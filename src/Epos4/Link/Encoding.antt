-- ===== src/Epos4/Link/Encoding.antt =====
-- The bytes that stand for words on the link, and that the driver writes and reads exactly these.
use asteria_firmware.Prelude.{
  ℕ, ◌+◌, ◌*◌, ◌/◌, ◌%◌, ◌^◌, ◌<◌, ◌≡◌, refl, ap, ◌∙◌, arith, true, List, [], ◌∷◌, ◌++◌,
  append_assoc, ◌==◌, if◌then◌else◌, inl, inr, Bool-cases, bit_and,
}
use asteria_firmware.Bits.Fields.{and_mask}
use asteria_firmware.Epos4.Link.{
  RxEvent, byte, accepted, Epos4, Result, ok, M, bind_result, ◌>>=◌, ◌>>◌, read_exact, read_byte,
  read_word, read_sync_sequence, write_all, send_byte, send_word, send_sync,
}

-- The stuffing: the escape byte is doubled.
abbrev pub stuffed_byte : ℕ → List ℕ
stuffed_byte b = if b == 0x90 then 0x90 ∷ 0x90 ∷ [] else b ∷ []

-- A word goes low byte first.
abbrev pub word_bytes : ℕ → List ℕ
word_bytes w = stuffed_byte (w % 256) ++ stuffed_byte (w / 256)

abbrev pub words_bytes : List ℕ → List ℕ
words_bytes [] = []
words_bytes (w ∷ ws) = word_bytes w ++ words_bytes ws

module _ {E : Type 0} where
  -- The driver after it has written `bytes`.
  abbrev pub having_sent : Epos4 E → List ℕ → Epos4 E
  having_sent d bytes = record d { sent = d.sent ++ bytes }

  abbrev pub with_rx : Epos4 E → List (RxEvent E) → Epos4 E
  with_rx d events = record d { rx = events }

  -- The port takes every byte.
  abbrev pub Accepts : Epos4 E → Type 0
  Accepts d = (n : ℕ) → d.tx n ≡ accepted

  write_all-accepted :
      (b : ℕ) (d : Epos4 E) → Accepts d → write_all b d ≡ ok tt (having_sent d (b ∷ []))
  unfolding write_all
  write_all-accepted b d h = rw (h _)

  having_sent-having_sent :
      (d : Epos4 E) (xs ys : List ℕ) → having_sent (having_sent d xs) ys ≡ having_sent d (xs ++ ys)
  having_sent-having_sent d xs ys = rw (append_assoc d.sent xs ys)

  -- An operation after one whose result is known.
  pub then-ok :
      {A B : Type 0} (m : M E A) (k : A → M E B) {d d' : Epos4 E} {a : A} {r : Result E B}
      → m d ≡ ok a d'
      → k a d' ≡ r
      → (m >>= k) d ≡ r
  then-ok m k p q = ap (λ r. bind_result r k) p ∙ q

  pub next-ok :
      {B : Type 0} (m : M E (Unit {0})) (k : M E B) {d d' : Epos4 E} {r : Result E B}
      → m d ≡ ok tt d'
      → k d' ≡ r
      → (m >> k) d ≡ r
  next-ok m k p q = ap (λ r. bind_result r (λ _. k)) p ∙ q

  -- Two writes in a row, of which each is known to succeed.
  pub sequence-sent :
      (m k : M E (Unit {0})) (d : Epos4 E) (xs ys : List ℕ)
      → m d ≡ ok tt (having_sent d xs)
      → k (having_sent d xs) ≡ ok tt (having_sent (having_sent d xs) ys)
      → (m >> k) d ≡ ok tt (having_sent d (xs ++ ys))
  sequence-sent m k d xs ys p q =
      ap (λ r. bind_result r (λ _. k)) p ∙ q ∙ ap (ok tt) (having_sent-having_sent d xs ys)

  send_byte-accepted :
      (b : ℕ) (d : Epos4 E)
      → Accepts d
      → send_byte b true d ≡ ok tt (having_sent d (stuffed_byte b))
  unfolding send_byte
  send_byte-accepted b d h = elim (Bool-cases (b == 0x90)) [
    | inl esc ↦
        rw (esc, escape_byte esc)
          (sequence-sent (write_all 0x90) (write_all 0x90) d (0x90 ∷ []) (0x90 ∷ [])
            (write_all-accepted 0x90 d h) (write_all-accepted 0x90 (having_sent d (0x90 ∷ [])) h))
    | inr plain ↦ rw (plain, write_all-accepted b d h)
  ]
    where
      escape_byte : (b == 0x90) ≡ true → b ≡ 0x90
      escape_byte e = ground arith

  pub send_word-accepted :
      (w : ℕ) (d : Epos4 E)
      → w < 2 ^ 16
      → Accepts d
      → send_word w d ≡ ok tt (having_sent d (word_bytes w))
  unfolding send_word
  send_word-accepted w d hw h =
      rw (low, high)
        (sequence-sent (send_byte (w % 256) true) (send_byte (w / 256) true) d
          (stuffed_byte (w % 256)) (stuffed_byte (w / 256)) (send_byte-accepted (w % 256) d h)
          (send_byte-accepted (w / 256) (having_sent d (stuffed_byte (w % 256))) h))
    where
      low : bit_and w 0xFF % 256 ≡ w % 256
      low = omega (arith, and_mask 8 w)

      high : w / 256 % 256 ≡ w / 256
      high = omega arith

  pub send_sync-accepted :
      (d : Epos4 E) → Accepts d → send_sync d ≡ ok tt (having_sent d (0x90 ∷ 0x02 ∷ []))
  unfolding send_sync send_byte
  send_sync-accepted d h =
      sequence-sent (write_all 0x90) (write_all 0x02) d (0x90 ∷ []) (0x02 ∷ [])
        (write_all-accepted 0x90 d h) (write_all-accepted 0x02 (having_sent d (0x90 ∷ [])) h)

  -- Bytes that arrive without a fault, ahead of what comes later.
  abbrev pub incoming : List ℕ → List (RxEvent E) → List (RxEvent E)
  incoming [] later = later
  incoming (b ∷ bytes) later = byte b ∷ incoming bytes later

  pub incoming-append :
      (xs ys : List ℕ) (later : List (RxEvent E))
      → incoming (xs ++ ys) later ≡ incoming xs (incoming ys later)
  incoming-append [] ys later = refl
  incoming-append (x ∷ xs) ys later = ap (◌∷◌ (byte x)) (incoming-append xs ys later)

  read_byte-stuffed :
      (b : ℕ) (later : List (RxEvent E)) (d : Epos4 E)
      → read_byte true (with_rx d (incoming (stuffed_byte b) later)) ≡ ok b (with_rx d later)
  unfolding read_byte read_exact
  read_byte-stuffed b later d = elim (Bool-cases (b == 0x90)) [
    | inl esc ↦ rw esc (escape_byte esc)
    | inr plain ↦ rw plain (rw plain)
  ]
    where
      escape_byte : (b == 0x90) ≡ true → ok 0x90 (with_rx d later) ≡ ok b (with_rx d later)
      escape_byte e = ground arith

  pub read_word-word_bytes :
      (w : ℕ) (later : List (RxEvent E)) (d : Epos4 E)
      → read_word (with_rx d (incoming (word_bytes w) later)) ≡ ok w (with_rx d later)
  unfolding read_word
  read_word-word_bytes w later d =
      rw
        (
          incoming-append (stuffed_byte (w % 256)) (stuffed_byte (w / 256)) later,
          read_byte-stuffed (w % 256) (incoming (stuffed_byte (w / 256)) later) d,
          read_byte-stuffed (w / 256) later d,
        )
        (ap (λ t. ok t (with_rx d later)) whole)
    where
      whole : w % 256 + w / 256 * 256 ≡ w
      whole = omega arith

  pub read_word-first :
      (w : ℕ) (bytes : List ℕ) (later : List (RxEvent E)) (d : Epos4 E)
      → read_word (with_rx d (incoming (word_bytes w ++ bytes) later))
        ≡ ok w (with_rx d (incoming bytes later))
  read_word-first w bytes later d =
      ap (λ events. read_word (with_rx d events)) (incoming-append (word_bytes w) bytes later)
      ∙ read_word-word_bytes w (incoming bytes later) d

  pub read_sync_sequence-sync :
      (later : List (RxEvent E)) (d : Epos4 E)
      → read_sync_sequence (with_rx d (byte 0x90 ∷ byte 0x02 ∷ later)) ≡ ok tt (with_rx d later)
  unfolding read_sync_sequence read_byte read_exact
  read_sync_sequence-sync later d = refl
== == ==
_YOUR GOAL_:
From the entries above, copy each line holding "else".

_OUTPUT FOR THIS TASK_:
  append_assoc, ◌==◌, if◌then◌else◌, inl, inr, Bool-cases, bit_and,
stuffed_byte b = if b == 0x90 then 0x90 ∷ 0x90 ∷ [] else b ∷ []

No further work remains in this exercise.